Present exactly, and only, the lines running from the line that contains "kind = kind;" through the end of the entries below.

--- Dataset ---

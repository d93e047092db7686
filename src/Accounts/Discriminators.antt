-- ===== src/Accounts/Discriminators.antt =====
-- sdk/src/reputation/hashing.ts `anchorDiscriminator`, of an account: what the name of the account
-- hashes to, in the namespace of accounts.
use ppv.Base.{◌++◌, take_front}
use ppv.Base.Text.{Text, Bytes, codes}

unfoldable pub account_discriminator : (Text → Bytes) → Text → Bytes
account_discriminator sha256 name = take_front 8 (sha256 (codes "account:" ++ name))
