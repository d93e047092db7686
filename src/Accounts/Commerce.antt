-- ===== src/Accounts/Commerce.antt =====
-- sdk/src/commerce/accounts.ts: the negotiated agreement of `ppv_commerce`.
use ppv.Base.{ℕ, Option, none, some, nat_beq, if◌then◌else◌, list_eq, List, [], ◌∷◌, get_elem?}
use ppv.Base.Result.{Result, err, or_throw}
use ppv.Base.Int.{ℤ}
use ppv.Base.Text.{Text, Bytes, codes}
use ppv.Escrow.States.{RangeError, invalid_option_tag, unknown_commerce_state}
use ppv.Escrow.Events.Reader.{
  Reader, ◌>>=◌, ◌>>◌, pure, lift, pubkey, u8, u32, i64, hex_16, hex_32, state, skip,
  read_into_space, behind_discriminator,
}
use ppv.Accounts.Discriminators.{account_discriminator}

pub data CommerceAgreementState : Type 0 where
  pending executed cancelled : CommerceAgreementState

abbrev pub commerce_agreement_states : List CommerceAgreementState
commerce_agreement_states = pending ∷ executed ∷ cancelled ∷ []

unfoldable pub commerce_state_from_index : ℕ → Result RangeError CommerceAgreementState
commerce_state_from_index n =
    or_throw (get_elem? commerce_agreement_states n) (unknown_commerce_state n)

pub record CommerceSignature : Type 0 where
  pub signer : Text
  pub version_signed : ℕ
  pub content_hash_signed : Text
  pub terms_hash_signed : Text
  pub signed_at : ℤ

unfoldable pub read_signed : Reader CommerceSignature
read_signed = do
  signer ← pubkey
  version_signed ← u32
  content_hash_signed ← hex_32
  terms_hash_signed ← hex_32
  signed_at ← i64
  pure (record {
    signer = signer;
    version_signed = version_signed;
    content_hash_signed = content_hash_signed;
    terms_hash_signed = terms_hash_signed;
    signed_at = signed_at;
  })

unfoldable pub read_signature : Reader (Option CommerceSignature)
unfolding read_signed
read_signature = do
  tag ← u8
  if nat_beq tag 0
      then pure none
      else if nat_beq tag 1
      then (do signature ← read_signed; pure (some signature))
      else lift (err invalid_option_tag)

unfoldable pub commerce_state : Reader CommerceAgreementState
unfolding commerce_state_from_index
commerce_state = do index ← u8; lift (commerce_state_from_index index)

pub record CommerceAgreementAccount : Type 0 where
  pub schema_version : ℕ
  pub bump : ℕ
  pub agreement_id : Text
  pub party_a : Text
  pub party_b : Text
  pub version : ℕ
  pub content_hash : Text
  pub terms_hash : Text
  pub signature_a : Option CommerceSignature
  pub signature_b : Option CommerceSignature
  pub state : CommerceAgreementState
  pub created_at : ℤ
  pub expires_at : ℤ
  pub executed_at : ℤ
  pub cancelled_at : ℤ

unfoldable pub read_commerce_agreement_account : Reader CommerceAgreementAccount
read_commerce_agreement_account = do
  schema_version ← u8
  bump ← u8
  agreement_id ← hex_16
  party_a ← pubkey
  party_b ← pubkey
  version ← u32
  content_hash ← hex_32
  terms_hash ← hex_32
  signature_a ← read_signature
  signature_b ← read_signature
  state ← commerce_state
  created_at ← i64
  expires_at ← i64
  executed_at ← i64
  cancelled_at ← i64
  skip 64
  pure (record {
    schema_version = schema_version;
    bump = bump;
    agreement_id = agreement_id;
    party_a = party_a;
    party_b = party_b;
    version = version;
    content_hash = content_hash;
    terms_hash = terms_hash;
    signature_a = signature_a;
    signature_b = signature_b;
    state = state;
    created_at = created_at;
    expires_at = expires_at;
    executed_at = executed_at;
    cancelled_at = cancelled_at;
  })

unfoldable pub decode_commerce_agreement_account :
    (Text → Bytes) → Bytes → Result RangeError CommerceAgreementAccount
unfolding account_discriminator read_commerce_agreement_account
decode_commerce_agreement_account sha256 =
    behind_discriminator (account_discriminator sha256 (codes "Agreement"))
      (read_into_space read_commerce_agreement_account)
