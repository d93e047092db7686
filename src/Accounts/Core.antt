-- ===== src/Accounts/Core.antt =====
-- sdk/src/core/accounts.ts: the proof records of `ppv_core`.
use ppv.Base.{ℕ, nat_beq, list_eq, List, [], ◌∷◌, get_elem?, Bool}
use ppv.Base.Result.{Result, or_throw}
use ppv.Base.Int.{ℤ}
use ppv.Base.Text.{Text, Bytes, codes}
use ppv.Escrow.States.{RangeError, unknown_core_kind, unknown_core_status}
use ppv.Escrow.Events.Reader.{
  Reader, ◌>>=◌, ◌>>◌, pure, lift, pubkey, u8, i64, hex_16, hex_32, skip, read_all,
  behind_discriminator,
}
use ppv.Accounts.Discriminators.{account_discriminator}
use ppv.Base.{every, not}

pub data CoreProofKind : Type 0 where
  creation document agreement invoice deliverable other : CoreProofKind

abbrev pub core_proof_kinds : List CoreProofKind
core_proof_kinds = creation ∷ document ∷ agreement ∷ invoice ∷ deliverable ∷ other ∷ []

pub data CoreProofStatus : Type 0 where
  active revoked : CoreProofStatus

abbrev pub core_proof_statuses : List CoreProofStatus
core_proof_statuses = active ∷ revoked ∷ []

unfoldable pub core_proof_kind_from_index : ℕ → Result RangeError CoreProofKind
core_proof_kind_from_index n = or_throw (get_elem? core_proof_kinds n) (unknown_core_kind n)

unfoldable pub core_proof_status_from_index : ℕ → Result RangeError CoreProofStatus
core_proof_status_from_index n = or_throw (get_elem? core_proof_statuses n) (unknown_core_status n)

unfoldable pub core_kind : Reader CoreProofKind
unfolding core_proof_kind_from_index
core_kind = do index ← u8; lift (core_proof_kind_from_index index)

unfoldable pub core_status : Reader CoreProofStatus
unfolding core_proof_status_from_index
core_status = do index ← u8; lift (core_proof_status_from_index index)

pub record CoreProofAccount : Type 0 where
  pub schema_version : ℕ
  pub bump : ℕ
  pub proof_id : Text
  pub authority : Text
  pub content_hash : Text
  pub context_hash : Text
  pub kind : CoreProofKind
  pub status : CoreProofStatus
  pub created_at : ℤ
  pub revoked_at : ℤ

unfoldable pub read_core_proof_account : Reader CoreProofAccount
read_core_proof_account = do
  schema_version ← u8
  bump ← u8
  proof_id ← hex_16
  authority ← pubkey
  content_hash ← hex_32
  context_hash ← hex_32
  kind ← core_kind
  status ← core_status
  created_at ← i64
  revoked_at ← i64
  skip 64
  pure (record {
    schema_version = schema_version;
    bump = bump;
    proof_id = proof_id;
    authority = authority;
    content_hash = content_hash;
    context_hash = context_hash;
    kind = kind;
    status = status;
    created_at = created_at;
    revoked_at = revoked_at;
  })

unfoldable pub decode_core_proof_account :
    (Text → Bytes) → Bytes → Result RangeError CoreProofAccount
unfolding account_discriminator read_core_proof_account
decode_core_proof_account sha256 =
    behind_discriminator (account_discriminator sha256 (codes "ProofRecord"))
      (read_all read_core_proof_account)

-- `!/^0+$/.test(account.contextHash)`: the text of a hash is not empty.
unfoldable pub has_core_context_commitment : CoreProofAccount → Bool
has_core_context_commitment account = not (every (λ c. nat_beq c 48) account.context_hash)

---

Answer below:
    kind = kind;
    status = status;
    created_at = created_at;
    revoked_at = revoked_at;
  })

unfoldable pub decode_core_proof_account :
    (Text → Bytes) → Bytes → Result RangeError CoreProofAccount
unfolding account_discriminator read_core_proof_account
decode_core_proof_account sha256 =
    behind_discriminator (account_discriminator sha256 (codes "ProofRecord"))
      (read_all read_core_proof_account)

-- `!/^0+$/.test(account.contextHash)`: the text of a hash is not empty.
unfoldable pub has_core_context_commitment : CoreProofAccount → Bool
has_core_context_commitment account = not (every (λ c. nat_beq c 48) account.context_hash)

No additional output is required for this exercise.